### Problem to solve:
With both ends included, repeat exactly the lines of the entries below from the one containing "bin passes its" down to the one containing "state on to", and no others.

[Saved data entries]
┄┄┄┄┄┄┄┄┄┄┄┄┄┄┄┄┄┄┄┄

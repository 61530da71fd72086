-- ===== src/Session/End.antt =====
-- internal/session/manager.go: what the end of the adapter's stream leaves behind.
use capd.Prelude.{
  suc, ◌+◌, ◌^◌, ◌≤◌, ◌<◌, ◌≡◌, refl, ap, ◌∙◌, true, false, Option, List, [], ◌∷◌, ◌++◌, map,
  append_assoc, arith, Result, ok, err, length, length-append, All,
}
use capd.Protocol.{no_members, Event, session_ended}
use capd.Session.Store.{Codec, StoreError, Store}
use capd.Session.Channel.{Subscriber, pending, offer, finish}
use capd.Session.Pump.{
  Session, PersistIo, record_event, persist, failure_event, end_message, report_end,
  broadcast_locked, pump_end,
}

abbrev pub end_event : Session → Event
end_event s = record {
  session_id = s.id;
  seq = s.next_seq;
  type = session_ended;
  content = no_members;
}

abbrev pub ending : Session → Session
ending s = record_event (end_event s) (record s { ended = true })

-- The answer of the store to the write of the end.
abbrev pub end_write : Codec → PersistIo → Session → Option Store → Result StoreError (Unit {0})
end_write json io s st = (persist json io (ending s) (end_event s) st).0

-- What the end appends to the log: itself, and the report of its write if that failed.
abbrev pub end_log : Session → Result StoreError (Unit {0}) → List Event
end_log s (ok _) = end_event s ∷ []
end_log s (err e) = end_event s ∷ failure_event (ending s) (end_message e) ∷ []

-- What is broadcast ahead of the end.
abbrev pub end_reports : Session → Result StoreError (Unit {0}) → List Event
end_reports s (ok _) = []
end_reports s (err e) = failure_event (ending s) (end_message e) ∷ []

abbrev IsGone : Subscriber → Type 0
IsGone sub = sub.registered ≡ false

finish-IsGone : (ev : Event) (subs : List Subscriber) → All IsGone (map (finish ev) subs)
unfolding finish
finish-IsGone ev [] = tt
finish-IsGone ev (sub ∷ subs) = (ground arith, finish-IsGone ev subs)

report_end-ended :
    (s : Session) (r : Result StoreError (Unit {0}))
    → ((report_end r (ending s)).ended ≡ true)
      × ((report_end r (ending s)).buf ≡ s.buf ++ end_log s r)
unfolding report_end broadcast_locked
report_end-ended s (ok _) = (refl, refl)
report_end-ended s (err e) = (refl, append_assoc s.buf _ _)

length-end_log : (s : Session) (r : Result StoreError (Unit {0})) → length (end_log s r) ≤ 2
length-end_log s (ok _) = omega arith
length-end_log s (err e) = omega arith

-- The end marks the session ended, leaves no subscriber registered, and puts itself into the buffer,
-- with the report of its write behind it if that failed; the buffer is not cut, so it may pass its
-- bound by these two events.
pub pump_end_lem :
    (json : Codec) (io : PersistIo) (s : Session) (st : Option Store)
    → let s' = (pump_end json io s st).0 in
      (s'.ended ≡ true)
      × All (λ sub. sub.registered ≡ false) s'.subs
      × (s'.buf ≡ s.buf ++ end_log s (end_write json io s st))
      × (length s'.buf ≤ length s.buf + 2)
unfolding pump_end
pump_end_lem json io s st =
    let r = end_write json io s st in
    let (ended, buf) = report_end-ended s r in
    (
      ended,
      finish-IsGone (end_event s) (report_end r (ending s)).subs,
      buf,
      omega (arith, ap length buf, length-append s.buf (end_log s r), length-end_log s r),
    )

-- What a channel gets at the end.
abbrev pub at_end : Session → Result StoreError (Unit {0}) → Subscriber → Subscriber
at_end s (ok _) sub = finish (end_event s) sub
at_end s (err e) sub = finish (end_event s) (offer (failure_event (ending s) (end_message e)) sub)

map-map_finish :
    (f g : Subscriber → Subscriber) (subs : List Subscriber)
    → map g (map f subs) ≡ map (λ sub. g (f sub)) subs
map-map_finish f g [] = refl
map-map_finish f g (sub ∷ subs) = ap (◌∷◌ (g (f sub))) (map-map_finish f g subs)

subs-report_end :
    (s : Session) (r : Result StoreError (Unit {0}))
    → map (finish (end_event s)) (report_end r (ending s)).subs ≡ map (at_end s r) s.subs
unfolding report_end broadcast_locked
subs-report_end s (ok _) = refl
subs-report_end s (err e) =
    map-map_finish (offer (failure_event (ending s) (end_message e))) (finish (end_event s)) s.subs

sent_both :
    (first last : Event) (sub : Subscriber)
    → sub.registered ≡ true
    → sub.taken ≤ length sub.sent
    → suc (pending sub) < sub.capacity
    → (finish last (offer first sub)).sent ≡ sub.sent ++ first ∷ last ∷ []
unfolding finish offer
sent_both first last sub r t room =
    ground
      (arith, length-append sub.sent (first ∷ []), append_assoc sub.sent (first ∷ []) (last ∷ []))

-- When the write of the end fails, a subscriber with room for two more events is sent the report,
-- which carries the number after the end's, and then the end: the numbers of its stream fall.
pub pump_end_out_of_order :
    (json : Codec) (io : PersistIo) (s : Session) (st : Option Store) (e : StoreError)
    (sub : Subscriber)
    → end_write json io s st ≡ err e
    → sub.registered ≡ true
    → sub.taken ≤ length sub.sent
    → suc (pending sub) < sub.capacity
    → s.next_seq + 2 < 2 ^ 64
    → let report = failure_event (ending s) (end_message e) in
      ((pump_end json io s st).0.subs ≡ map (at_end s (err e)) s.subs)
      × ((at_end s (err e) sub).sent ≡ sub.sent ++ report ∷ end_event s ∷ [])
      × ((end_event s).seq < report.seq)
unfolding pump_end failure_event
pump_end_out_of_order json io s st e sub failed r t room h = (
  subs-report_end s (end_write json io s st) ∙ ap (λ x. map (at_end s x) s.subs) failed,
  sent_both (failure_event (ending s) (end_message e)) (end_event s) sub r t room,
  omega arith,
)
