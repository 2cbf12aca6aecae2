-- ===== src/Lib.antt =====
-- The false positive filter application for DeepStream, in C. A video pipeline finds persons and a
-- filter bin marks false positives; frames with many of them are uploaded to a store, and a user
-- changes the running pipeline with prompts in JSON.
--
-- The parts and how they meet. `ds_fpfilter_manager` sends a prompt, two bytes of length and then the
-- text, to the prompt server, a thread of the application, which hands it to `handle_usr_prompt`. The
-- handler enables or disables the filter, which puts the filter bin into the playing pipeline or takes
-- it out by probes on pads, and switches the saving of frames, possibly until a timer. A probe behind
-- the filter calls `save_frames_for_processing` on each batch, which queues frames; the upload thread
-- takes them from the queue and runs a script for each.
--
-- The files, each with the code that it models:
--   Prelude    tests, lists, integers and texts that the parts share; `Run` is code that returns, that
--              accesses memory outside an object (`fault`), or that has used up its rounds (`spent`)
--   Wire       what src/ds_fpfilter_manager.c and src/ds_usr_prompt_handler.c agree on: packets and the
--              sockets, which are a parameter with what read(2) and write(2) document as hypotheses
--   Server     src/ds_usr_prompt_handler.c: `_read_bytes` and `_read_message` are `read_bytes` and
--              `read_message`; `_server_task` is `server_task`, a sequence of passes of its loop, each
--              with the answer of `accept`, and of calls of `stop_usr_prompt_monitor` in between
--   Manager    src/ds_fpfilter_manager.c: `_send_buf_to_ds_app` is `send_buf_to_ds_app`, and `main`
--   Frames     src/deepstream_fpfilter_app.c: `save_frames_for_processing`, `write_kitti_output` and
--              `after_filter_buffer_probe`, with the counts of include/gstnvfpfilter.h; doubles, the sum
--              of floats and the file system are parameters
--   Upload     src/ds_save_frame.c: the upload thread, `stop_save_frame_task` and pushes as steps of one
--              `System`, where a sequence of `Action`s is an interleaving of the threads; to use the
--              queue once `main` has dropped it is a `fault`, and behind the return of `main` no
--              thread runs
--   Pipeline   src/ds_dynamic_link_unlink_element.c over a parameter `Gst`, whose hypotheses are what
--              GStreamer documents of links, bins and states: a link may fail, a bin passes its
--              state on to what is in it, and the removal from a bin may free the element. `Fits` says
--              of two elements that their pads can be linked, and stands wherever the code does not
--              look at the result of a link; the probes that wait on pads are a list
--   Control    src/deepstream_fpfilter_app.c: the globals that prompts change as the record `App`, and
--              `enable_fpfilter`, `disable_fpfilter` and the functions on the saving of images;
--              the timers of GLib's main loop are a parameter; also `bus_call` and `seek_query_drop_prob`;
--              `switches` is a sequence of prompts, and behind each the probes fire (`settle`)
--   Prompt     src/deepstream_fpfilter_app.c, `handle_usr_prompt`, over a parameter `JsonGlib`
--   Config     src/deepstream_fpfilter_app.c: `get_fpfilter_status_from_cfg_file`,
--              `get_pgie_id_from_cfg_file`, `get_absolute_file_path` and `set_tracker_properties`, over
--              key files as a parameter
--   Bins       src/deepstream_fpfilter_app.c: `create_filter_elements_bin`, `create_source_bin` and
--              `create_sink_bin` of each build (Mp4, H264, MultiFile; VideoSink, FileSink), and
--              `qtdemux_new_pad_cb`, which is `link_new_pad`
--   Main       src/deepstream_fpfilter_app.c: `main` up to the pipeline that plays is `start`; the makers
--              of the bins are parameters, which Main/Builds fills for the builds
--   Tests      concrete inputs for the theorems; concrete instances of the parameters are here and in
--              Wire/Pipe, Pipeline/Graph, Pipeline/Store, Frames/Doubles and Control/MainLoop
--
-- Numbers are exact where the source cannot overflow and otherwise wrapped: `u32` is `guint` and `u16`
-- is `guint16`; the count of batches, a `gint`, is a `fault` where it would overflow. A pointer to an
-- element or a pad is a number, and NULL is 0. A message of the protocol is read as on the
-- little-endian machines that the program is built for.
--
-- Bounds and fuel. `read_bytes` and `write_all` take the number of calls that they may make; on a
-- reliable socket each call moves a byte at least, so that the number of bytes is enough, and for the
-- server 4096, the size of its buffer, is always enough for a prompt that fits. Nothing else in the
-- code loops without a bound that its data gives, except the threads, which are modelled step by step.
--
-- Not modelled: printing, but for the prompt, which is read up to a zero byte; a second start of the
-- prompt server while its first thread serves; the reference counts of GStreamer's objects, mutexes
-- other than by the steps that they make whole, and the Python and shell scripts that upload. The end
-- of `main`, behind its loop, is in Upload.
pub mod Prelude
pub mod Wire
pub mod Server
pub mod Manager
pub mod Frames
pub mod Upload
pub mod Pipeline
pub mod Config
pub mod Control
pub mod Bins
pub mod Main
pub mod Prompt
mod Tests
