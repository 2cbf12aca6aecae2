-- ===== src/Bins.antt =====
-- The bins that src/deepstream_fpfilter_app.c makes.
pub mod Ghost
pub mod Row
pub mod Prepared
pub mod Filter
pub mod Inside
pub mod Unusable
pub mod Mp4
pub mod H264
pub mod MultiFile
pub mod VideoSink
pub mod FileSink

┄┄┄┄┄┄┄┄┄┄┄┄┄┄┄┄┄┄┄┄

### Completed exercise:
--              GStreamer documents of links, bins and states: a link may fail, a bin passes its
--              state on to what is in it, and the removal from a bin may free the element. `Fits` says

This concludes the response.